- Records for this exercise -
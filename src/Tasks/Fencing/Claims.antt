-- ===== src/Tasks/Fencing/Claims.antt =====
-- A claim raises the fence of the task that it hands out.
use fornix.Tasks.Fencing.Leases.{fence-update, claimed_leases-row}
use fornix.Base.{
  some-injective, ℕ, zero, suc, ◌<◌, ◌≡◌, refl, sym, ap, ◌∙◌, subst, inl, inr, String, trim,
  is_empty, Bool, not, Option, none, some, Option-cases, leb, Bool-cases, Result, ok, >>=-eq-ok,
  guard-eq-ok, ok-injective, err-not-ok, List,
}
use fornix.Lease.{lease_end}
use fornix.Tasks.Types.{
  TaskError, Task, TaskExecutionLease, Database, TaskClaimInput, TaskClaimResult, session_required,
  session_busy, lease_expired,
}
use fornix.Tasks.Rules.{normalize_workspace, bounded_task_lease_ttl}
use fornix.Tasks.Events.{TaskCalls, append_event, new_task_event}
use fornix.Tasks.Rows.{
  is_unreleased, closed_lease, find_task, read_task, read_task_lease, active_lease,
}
use fornix.Tasks.Rows.Authority.{read_task_lease-row}
use fornix.Tasks.Rows.Keys.{find_task-is_task}
use fornix.Tasks.Claim.{
  Round, next_fence, claimed_leases, select_claimable_task, transition_dead_letter, claim_task,
  claim_rounds, claim_next, is_busy,
}
use fornix.Tasks.Refinement.Outcomes.{append_event-IsAppended, read-found}
use fornix.Tasks.Fencing.{fence_in}

module _ {Raw Evidence : Type 0} (calls : TaskCalls Raw Evidence) where
  -- What a claim hands out: the row of the lease, for its session, above the fence before.
  pub record IsRaised (db db' : Database Raw Evidence) (w session_id : String)
      (r : TaskClaimResult Raw) : Type 0 where
    pub row : db'.leases w r.task.id ≡ some r.lease
    pub owner : r.lease.owner_id ≡ session_id
    pub raised : fence_in (db.leases w r.task.id) < r.lease.fence
    pub stored : find_task db'.tasks w r.task.id ≡ some r.task

  active_lease-row :
      (db : Database Raw Evidence) (now : ℕ) (w : String) (i : ℕ)
      (found : Option (TaskExecutionLease × Bool)) (l : TaskExecutionLease)
      → read_task_lease db now w i ≡ ok found
      → active_lease found ≡ ok l
      → db.leases w i ≡ some l
  unfolding active_lease
  active_lease-row db now w i none l h k = err-not-ok k
  active_lease-row db now w i (some (l', active)) l h k =
      let (_, k1) = guard-eq-ok active lease_expired _ k in
      (read_task_lease-row db now w i l' active h).0 ∙ ap some (ok-injective k1)

  -- The parts of a claim of the task `t`.
  record IsClaimed (round : Round) (start : ℕ) (db db' : Database Raw Evidence)
      (w session_id : String) (ttl : ℕ) (t : Task) (r : TaskClaimResult Raw) : Type 0 where
    found : Option (TaskExecutionLease × Bool)
    fence : ℕ
    takeover : Bool
    before : read_task_lease db (round.clock 1) w t.id ≡ ok found
    next : next_fence found ≡ ok (fence, takeover)
    leases :
        db'.leases
        ≡ claimed_leases db.leases w t.id session_id fence takeover
            (lease_end (round.clock 2) ttl)
            (round.clock 2)
            start
    row : db'.leases w t.id ≡ some r.lease
    stored : find_task db'.tasks w t.id ≡ some r.task

  -- The last steps of a claim, from the database that it leaves.
  ended :
      (round : Round) (start : ℕ) (db db3 db' : Database Raw Evidence) (w session_id : String)
      (ttl : ℕ) (t claimed : Task) (lease : TaskExecutionLease) (r : TaskClaimResult Raw)
      (found : Option (TaskExecutionLease × Bool)) (fence : ℕ) (takeover : Bool)
      → read_task_lease db (round.clock 1) w t.id ≡ ok found
      → next_fence found ≡ ok (fence, takeover)
      → db3.leases
        ≡ claimed_leases db.leases w t.id session_id fence takeover
            (lease_end (round.clock 2) ttl)
            (round.clock 2)
            start
      → db3.leases w t.id ≡ some lease
      → find_task db3.tasks w t.id ≡ some claimed
      → claimed ≡ r.task
      → lease ≡ r.lease
      → db3 ≡ db'
      → IsClaimed round start db db' w session_id ttl t r
  ended round start db db3 db' w session_id ttl t claimed lease r found fence takeover f n kept row
        stored same_task same_lease same_db =
      record {
        found = found;
        fence = fence;
        takeover = takeover;
        before = f;
        next = n;
        leases = ap (λ d. d.leases) (sym same_db) ∙ kept;
        row = ap (λ d. d.leases w t.id) (sym same_db) ∙ row ∙ ap some same_lease;
        stored = ap (λ d. find_task d.tasks w t.id) (sym same_db) ∙ stored ∙ ap some same_task;
      }

  claim_task-IsClaimed :
      (round : Round) (start : ℕ) (db db' : Database Raw Evidence) (w session_id : String) (ttl : ℕ)
      (actor_id : String) (t : Task) (r : TaskClaimResult Raw)
      → claim_task calls round start db w session_id ttl actor_id t ≡ ok (r, db')
      → IsClaimed round start db db' w session_id ttl t r
  unfolding claim_task
  claim_task-IsClaimed round start db db' w session_id ttl actor_id t r h =
      let (found, f, h1) = >>=-eq-ok (read_task_lease db (round.clock 1) w t.id) _ h in
      let ((fence, takeover), n, h2) = >>=-eq-ok (next_fence found) _ h1 in
      let rows =
        claimed_leases db.leases w t.id session_id fence takeover (lease_end (round.clock 2) ttl)
          (round.clock 2) start in
      let (refound, f', h3) =
        >>=-eq-ok (read_task_lease (record db { leases = rows }) (round.clock 3) w t.id) _ h2 in
      let (lease, l, h4) = >>=-eq-ok (active_lease refound) _ h3 in
      let (event, _, h5) = >>=-eq-ok (new_task_event calls round.env _ _ _ _ _ _ _) _ h4 in
      let ((stored, db3), a, h6) = >>=-eq-ok (append_event calls round.env _ event) _ h5 in
      let (claimed, q, h7) = >>=-eq-ok (read_task db3 w t.id) _ h6 in
      let kept : db3.leases ≡ rows =
        ap (λ d. d.leases)
          (append_event-IsAppended calls round.env round.clock event _ db3 stored a).others in
      let whole : Path (Result TaskError (TaskClaimResult Raw × Database Raw Evidence))
          (ok (record { task = claimed; lease = lease; event = stored; takeover = takeover }, db3))
          (ok (r, db')) =
        h7 in
      ended round start db db3 db' w session_id ttl t claimed lease r found fence takeover f n kept
        (ap (λ x. x w t.id) kept
          ∙ active_lease-row (record db { leases = rows }) (round.clock 3) w t.id refound lease f'
              l)
        (read-found db3 w t.id claimed q) (ap (λ x. x.0.task) (ok-injective whole))
        (ap (λ x. x.0.lease) (ok-injective whole)) (ap (λ x. x.1) (ok-injective whole))

  claim_task-IsRaised :
      (round : Round) (start : ℕ) (db db' : Database Raw Evidence) (w session_id : String) (ttl : ℕ)
      (actor_id : String) (t : Task) (r : TaskClaimResult Raw)
      → claim_task calls round start db w session_id ttl actor_id t ≡ ok (r, db')
      → IsRaised db db' w session_id r
  claim_task-IsRaised round start db db' w session_id ttl actor_id t r h =
      let c = claim_task-IsClaimed round start db db' w session_id ttl actor_id t r h in
      let (row, e, up, owner, above) =
        claimed_leases-row db (round.clock 1) w session_id t.id c.fence c.takeover
          (lease_end (round.clock 2) ttl) (round.clock 2) start c.found c.before c.next in
      let same : row ≡ r.lease =
        some-injective (sym e ∙ sym (ap (λ x. x w t.id) c.leases) ∙ c.row) in
      let (_, i) = find_task-is_task db'.tasks w t.id r.task c.stored in
      record {
        row = ap (λ j. db'.leases w j) i ∙ c.row;
        owner = ap (λ x. x.owner_id) (sym same) ∙ owner;
        raised =
            subst (λ x. fence_in (db.leases w r.task.id) < x.fence) same
              (subst (λ j. fence_in (db.leases w j) < row.fence) (sym i) above);
        stored = ap (λ j. find_task db'.tasks w j) i ∙ c.stored;
      }

  transition-fences :
      (round : Round) (db db' : Database Raw Evidence) (t : Task) (reason : String)
      → transition_dead_letter calls round db t reason ≡ ok db'
      → (a : String) (b : ℕ) → fence_in (db'.leases a b) ≡ fence_in (db.leases a b)
  unfolding transition_dead_letter
  transition-fences round db db' t reason h a b =
      let (event, _, h1) = >>=-eq-ok (new_task_event calls round.env _ _ _ _ _ _ _) _ h in
      let ((stored, db2), ap', h2) = >>=-eq-ok (append_event calls round.env _ event) _ h1 in
      let app = append_event-IsAppended calls round.env (round.clock) event _ db2 stored ap' in
      ap (λ d. fence_in (d.leases a b)) (sym (ok-injective h2))
      ∙ ap (λ d. fence_in (d.leases a b)) app.others
      ∙ fence-update db.leases t.workspace_id t.id is_unreleased (closed_lease (round.clock 2))
          (λ l. refl) a b

  claim_rounds-IsRaised :
      (left : ℕ) (rounds : ℕ → Round) (start : ℕ) (db db' : Database Raw Evidence)
      (w session_id : String) (capabilities : List String) (i ttl : ℕ) (actor_id : String)
      (r : TaskClaimResult Raw)
      → claim_rounds calls left rounds start db w session_id capabilities i ttl actor_id
        ≡ ok (some r, db')
      → IsRaised db db' w session_id r
  unfolding claim_rounds
  claim_rounds-IsRaised zero rounds start db db' w session_id capabilities i ttl actor_id r h =
      absurd (cc (ok-injective h))
  claim_rounds-IsRaised (suc left) rounds start db db' w session_id capabilities i ttl actor_id r
        h =
      let round = rounds left in
      elim (Option-cases
        (select_claimable_task db (round.clock 0) w capabilities i round.is_locked)) [
          | inl k ↦ absurd (cc (ok-injective (rw (k, claim_rounds) at h)))
          | inr (t, k) ↦ elim (Bool-cases (leb t.max_attempts t.attempts)) [
            | inl q ↦
                let (db1, d, h1) =
                  >>=-eq-ok (transition_dead_letter calls round db t "retry budget exhausted") _
                    (rw (k, q, claim_rounds) at h) in
                let rest =
                  claim_rounds-IsRaised left rounds start db1 db' w session_id capabilities i ttl
                    actor_id r h1 in
                record {
                  row = rest.row;
                  owner = rest.owner;
                  stored = rest.stored;
                  raised =
                      subst (λ n. n < r.lease.fence)
                        (transition-fences round db db1 t "retry budget exhausted" d w r.task.id)
                        rest.raised;
                }
            | inr q ↦
                let ((r', db1), d, h1) =
                  >>=-eq-ok (claim_task calls round start db w session_id ttl actor_id t) _
                    (rw (k, q, claim_rounds) at h) in
                let whole = ok-injective h1 in
                let e : r' ≡ r = some-injective (ap (λ x. x.0) whole) in
                subst (λ x. IsRaised db x w session_id r) (ap (λ x. x.1) whole)
                  (subst (λ x. IsRaised db db1 w session_id x) e
                    (claim_task-IsRaised round start db db1 w session_id ttl actor_id t r' d))
          ]
        ]

  -- A claim that hands a task out leaves its lease as the row of the task, for the session, and with
  -- a fence above the one that the task's lease had before the call, 0 where there was none; the
  -- task that it returns is the row.
  pub claim_next-IsRaised :
      (rounds : ℕ → Round) (start : ℕ) (db db' : Database Raw Evidence) (input : TaskClaimInput)
      (r : TaskClaimResult Raw)
      → claim_next calls rounds start db input ≡ ok (some r, db')
      → IsRaised db db' (normalize_workspace input.workspace_id) (trim input.session_id) r
  unfolding claim_next
  claim_next-IsRaised rounds start db db' input r h =
      let w = normalize_workspace input.workspace_id in
      let (_, h1) = guard-eq-ok (not (is_empty (trim input.session_id))) session_required _ h in
      elim (Option-cases (db.sessions w (trim input.session_id))) [
        | inl k ↦ err-not-ok (rw k at h1)
        | inr (s, k) ↦
            let (_, h2) = guard-eq-ok (not (is_busy s)) session_busy _ (rw k at h1) in
            claim_rounds-IsRaised 100 rounds start db db' w (trim input.session_id) s.capabilities
              input.task_id (bounded_task_lease_ttl input.lease_ttl) input.actor_id r h2
      ]
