-- ===== src/Storage/ConversationRepo/Rejoin.antt =====
-- server/storage/repo/conversation_repo.py: what a member's rows say when the member is taken out and
-- put back.
use mini_im.Prelude.{
  ℕ, String, ◌&&◌, not, none, some, List, [], ◌∷◌, ◌≡◌, refl, ap, ◌∙◌, if◌then◌else◌, ◌=?◌, max,
  find?, filter, arith, Bool-cases, Option-cases, inl, inr,
}
use mini_im.Storage.Db.{Db, ReadHistoryRow, MemberRow}
use mini_im.Storage.ReadState.{upsert_history, preserve_read_position}
use mini_im.Storage.ConversationRepo.{is_key, keep_read_position, delete_member}
use mini_im.Storage.ConversationRepo.Members.{kept_read_seq, insert_member, remove_member}
use mini_im.Storage.ConversationRepo.Ownership.{keep_read_position-SameGroups}
use mini_im.Storage.DeliveryRepo.Receipts.{position_in, position_in-find?}

kept_read_seq-upsert_history :
    (h : ReadHistoryRow) (rows : List ReadHistoryRow)
    → kept_read_seq h.conversation_id h.user_id (upsert_history h rows)
      ≡ max (kept_read_seq h.conversation_id h.user_id rows) h.last_read_seq
unfolding kept_read_seq upsert_history
kept_read_seq-upsert_history h [] = ground arith
kept_read_seq-upsert_history h (r ∷ rows) =
    elim (Bool-cases ((r.conversation_id =? h.conversation_id) && (r.user_id =? h.user_id))) [
      | inl e ↦ rw (e, e) refl
      | inr n ↦ rw (n, n) (kept_read_seq-upsert_history h rows)
    ]

position_in-delete :
    (c u d v : String) (rows : List MemberRow)
    → position_in d v (filter (λ m. not (is_key c u m)) rows)
      ≡ (if (c =? d) && (u =? v) then none else position_in d v rows)
unfolding position_in filter is_key
position_in-delete c u d v [] = ground arith
position_in-delete c u d v (m ∷ rows) = ground (arith, position_in-delete c u d v rows)

-- What a removal leaves in the read history.
pub removed_history :
    (c u : String) (now_ms old : ℕ) (db : Db)
    → position_in c u db.conversation_members ≡ some old
    → kept_read_seq c u (remove_member c now_ms u db).conversation_read_history
      ≡ max (kept_read_seq c u db.conversation_read_history) old
unfolding remove_member delete_member keep_read_position preserve_read_position
removed_history c u now_ms old db h =
    elim (Option-cases (find? (is_key c u) db.conversation_members)) [
      | inl e ↦ ground (arith, position_in-find? c u db.conversation_members)
      | inr (row, e) ↦
          ap
            (λ found.
              kept_read_seq c u
                (elim found as (λ _. Db) [
                  | none ↦ db
                  | some m ↦ preserve_read_position c u m.last_read_seq now_ms db
                ]).conversation_read_history)
            e
          ∙ (kept_read_seq-upsert_history
                (record {
                  conversation_id = c;
                  user_id = u;
                  last_read_seq = row.last_read_seq;
                  updated_at_ms = now_ms;
                })
                db.conversation_read_history
              ∙ ap (max (kept_read_seq c u db.conversation_read_history))
                  (ground (arith, position_in-find? c u db.conversation_members)))
    ]

pub removed_position :
    (c u : String) (now_ms : ℕ) (db : Db) (d v : String)
    → position_in d v (remove_member c now_ms u db).conversation_members
      ≡ (if (c =? d) && (u =? v) then none else position_in d v db.conversation_members)
unfolding remove_member delete_member
removed_position c u now_ms db d v =
    position_in-delete c u d v (keep_read_position c u now_ms db).conversation_members
    ∙ ap (λ rows. if (c =? d) && (u =? v) then none else position_in d v rows)
        (keep_read_position-SameGroups c u now_ms db).members

-- A member whose row is taken out and inserted again has the greater of the position at which the member left and the one kept from before; every
-- other member of every conversation keeps theirs.
pub insert_member-remove_member :
    (c u : String) (now_ms later_ms old : ℕ) (db : Db) (d v : String)
    → position_in c u db.conversation_members ≡ some old
    → position_in d v
        (insert_member c later_ms u (remove_member c now_ms u db)).conversation_members
      ≡ (if (c =? d) && (u =? v)
          then some (max (kept_read_seq c u db.conversation_read_history) old)
          else position_in d v db.conversation_members)
unfolding insert_member position_in is_key
insert_member-remove_member c u now_ms later_ms old db d v h =
    ground (arith, removed_position c u now_ms db d v, removed_history c u now_ms old db h)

- Action item -
Scan the material above for lines holding the string "Claims" and copy those lines.

- Response to the exercise -
filename src/Tasks/Fencing/Claims.antt
-- ===== src/Tasks/Fencing/Claims.antt =====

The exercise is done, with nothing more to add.